**ABOUT THIS TASK:** Of all the entries below, only the lines from the one with "λ l1. (if may_expire" up to and including the one with "rollback_in rolled_back writable" are to be duplicated exactly.

**RECORDS PROVIDED:**
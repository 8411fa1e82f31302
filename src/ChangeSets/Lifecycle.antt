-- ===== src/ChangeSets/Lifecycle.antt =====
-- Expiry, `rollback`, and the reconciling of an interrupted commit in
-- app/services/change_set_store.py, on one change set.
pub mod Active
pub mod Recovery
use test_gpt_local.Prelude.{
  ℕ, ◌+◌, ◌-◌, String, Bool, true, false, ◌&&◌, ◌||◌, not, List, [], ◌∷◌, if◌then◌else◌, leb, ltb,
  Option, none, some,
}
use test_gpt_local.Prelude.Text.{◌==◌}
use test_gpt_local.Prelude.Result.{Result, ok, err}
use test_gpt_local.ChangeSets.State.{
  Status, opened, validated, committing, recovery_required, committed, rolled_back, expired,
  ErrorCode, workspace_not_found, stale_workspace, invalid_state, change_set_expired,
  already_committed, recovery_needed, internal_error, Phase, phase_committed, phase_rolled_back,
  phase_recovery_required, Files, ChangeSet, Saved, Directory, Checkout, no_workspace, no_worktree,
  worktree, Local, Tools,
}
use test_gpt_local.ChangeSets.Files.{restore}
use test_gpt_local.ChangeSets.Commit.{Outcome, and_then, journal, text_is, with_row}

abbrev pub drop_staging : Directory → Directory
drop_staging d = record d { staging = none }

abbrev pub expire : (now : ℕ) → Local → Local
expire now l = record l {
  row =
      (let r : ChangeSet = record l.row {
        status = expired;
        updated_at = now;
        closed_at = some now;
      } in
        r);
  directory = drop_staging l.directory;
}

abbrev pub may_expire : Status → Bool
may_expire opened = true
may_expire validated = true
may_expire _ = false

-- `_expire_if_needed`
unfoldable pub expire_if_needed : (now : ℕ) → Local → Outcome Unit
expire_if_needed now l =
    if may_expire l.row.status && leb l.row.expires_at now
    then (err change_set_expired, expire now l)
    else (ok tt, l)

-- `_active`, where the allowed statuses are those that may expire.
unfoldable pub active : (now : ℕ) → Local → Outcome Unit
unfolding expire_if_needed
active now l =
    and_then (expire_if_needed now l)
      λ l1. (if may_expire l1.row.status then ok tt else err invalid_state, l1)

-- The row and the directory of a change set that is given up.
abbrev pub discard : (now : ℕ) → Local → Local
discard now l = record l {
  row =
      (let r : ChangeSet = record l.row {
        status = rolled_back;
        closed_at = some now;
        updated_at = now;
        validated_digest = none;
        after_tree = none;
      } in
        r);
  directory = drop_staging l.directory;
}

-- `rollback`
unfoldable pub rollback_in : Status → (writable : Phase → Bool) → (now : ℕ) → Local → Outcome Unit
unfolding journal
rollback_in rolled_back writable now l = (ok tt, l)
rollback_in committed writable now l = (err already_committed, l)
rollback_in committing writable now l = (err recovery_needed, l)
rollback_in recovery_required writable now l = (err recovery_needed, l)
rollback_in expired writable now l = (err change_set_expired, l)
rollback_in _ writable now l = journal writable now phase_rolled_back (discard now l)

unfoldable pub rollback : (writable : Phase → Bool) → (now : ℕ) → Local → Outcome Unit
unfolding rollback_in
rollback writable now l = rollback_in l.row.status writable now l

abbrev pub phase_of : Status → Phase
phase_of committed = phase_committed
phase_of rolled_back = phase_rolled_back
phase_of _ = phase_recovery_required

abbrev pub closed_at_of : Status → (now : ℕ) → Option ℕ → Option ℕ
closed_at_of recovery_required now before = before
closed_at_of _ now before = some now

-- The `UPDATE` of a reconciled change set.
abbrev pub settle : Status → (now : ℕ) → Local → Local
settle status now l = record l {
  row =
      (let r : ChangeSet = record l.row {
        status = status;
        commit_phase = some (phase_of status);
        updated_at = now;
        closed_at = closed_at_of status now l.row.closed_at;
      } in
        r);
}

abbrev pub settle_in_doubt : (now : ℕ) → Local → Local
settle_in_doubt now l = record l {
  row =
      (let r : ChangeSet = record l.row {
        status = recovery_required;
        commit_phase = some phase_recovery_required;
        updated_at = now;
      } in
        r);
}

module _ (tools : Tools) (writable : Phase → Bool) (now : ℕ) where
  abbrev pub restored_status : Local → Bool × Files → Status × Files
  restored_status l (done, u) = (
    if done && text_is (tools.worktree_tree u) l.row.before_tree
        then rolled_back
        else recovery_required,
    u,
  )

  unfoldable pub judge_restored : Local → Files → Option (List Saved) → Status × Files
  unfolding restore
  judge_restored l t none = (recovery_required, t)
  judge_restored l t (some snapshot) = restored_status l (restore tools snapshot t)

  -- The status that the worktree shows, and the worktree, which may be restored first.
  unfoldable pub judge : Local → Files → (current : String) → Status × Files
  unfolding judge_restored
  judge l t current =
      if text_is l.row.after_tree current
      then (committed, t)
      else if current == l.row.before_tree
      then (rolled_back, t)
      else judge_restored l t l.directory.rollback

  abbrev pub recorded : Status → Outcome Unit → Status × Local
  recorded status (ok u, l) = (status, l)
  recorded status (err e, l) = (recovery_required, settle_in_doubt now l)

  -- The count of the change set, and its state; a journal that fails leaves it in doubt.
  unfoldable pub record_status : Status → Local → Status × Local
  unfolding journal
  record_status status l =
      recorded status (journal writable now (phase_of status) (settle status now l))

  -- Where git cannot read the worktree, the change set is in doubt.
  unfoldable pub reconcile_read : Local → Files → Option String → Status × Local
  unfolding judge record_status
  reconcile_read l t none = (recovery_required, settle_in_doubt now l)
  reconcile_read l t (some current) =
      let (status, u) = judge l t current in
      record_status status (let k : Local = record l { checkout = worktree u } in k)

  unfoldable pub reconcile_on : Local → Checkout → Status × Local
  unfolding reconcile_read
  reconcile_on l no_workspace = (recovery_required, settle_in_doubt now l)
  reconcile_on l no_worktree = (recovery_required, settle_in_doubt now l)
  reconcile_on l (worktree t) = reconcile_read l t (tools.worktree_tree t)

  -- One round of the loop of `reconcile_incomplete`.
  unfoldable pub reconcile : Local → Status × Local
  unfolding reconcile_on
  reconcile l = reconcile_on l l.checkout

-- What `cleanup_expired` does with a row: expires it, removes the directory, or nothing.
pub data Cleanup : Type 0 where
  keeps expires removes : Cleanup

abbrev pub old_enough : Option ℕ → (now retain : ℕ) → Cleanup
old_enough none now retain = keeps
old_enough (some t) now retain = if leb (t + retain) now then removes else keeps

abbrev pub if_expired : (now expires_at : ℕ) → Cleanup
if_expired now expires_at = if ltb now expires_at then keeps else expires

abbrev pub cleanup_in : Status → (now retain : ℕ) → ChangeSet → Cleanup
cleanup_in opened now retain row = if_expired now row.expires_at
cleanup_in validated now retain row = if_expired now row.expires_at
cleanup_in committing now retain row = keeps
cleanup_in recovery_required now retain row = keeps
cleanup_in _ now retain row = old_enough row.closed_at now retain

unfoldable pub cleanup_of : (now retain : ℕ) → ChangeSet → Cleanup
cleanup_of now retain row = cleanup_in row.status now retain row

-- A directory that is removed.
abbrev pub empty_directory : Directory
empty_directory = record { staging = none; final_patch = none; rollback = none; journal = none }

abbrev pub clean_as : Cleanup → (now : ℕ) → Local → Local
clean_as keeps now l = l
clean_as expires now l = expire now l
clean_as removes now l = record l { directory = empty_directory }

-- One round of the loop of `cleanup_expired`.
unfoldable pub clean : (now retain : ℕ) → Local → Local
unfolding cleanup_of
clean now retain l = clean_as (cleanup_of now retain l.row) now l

**SOLUTION:**
      λ l1. (if may_expire l1.row.status then ok tt else err invalid_state, l1)

-- The row and the directory of a change set that is given up.
abbrev pub discard : (now : ℕ) → Local → Local
discard now l = record l {
  row =
      (let r : ChangeSet = record l.row {
        status = rolled_back;
        closed_at = some now;
        updated_at = now;
        validated_digest = none;
        after_tree = none;
      } in
        r);
  directory = drop_staging l.directory;
}

-- `rollback`
unfoldable pub rollback_in : Status → (writable : Phase → Bool) → (now : ℕ) → Local → Outcome Unit
unfolding journal
rollback_in rolled_back writable now l = (ok tt, l)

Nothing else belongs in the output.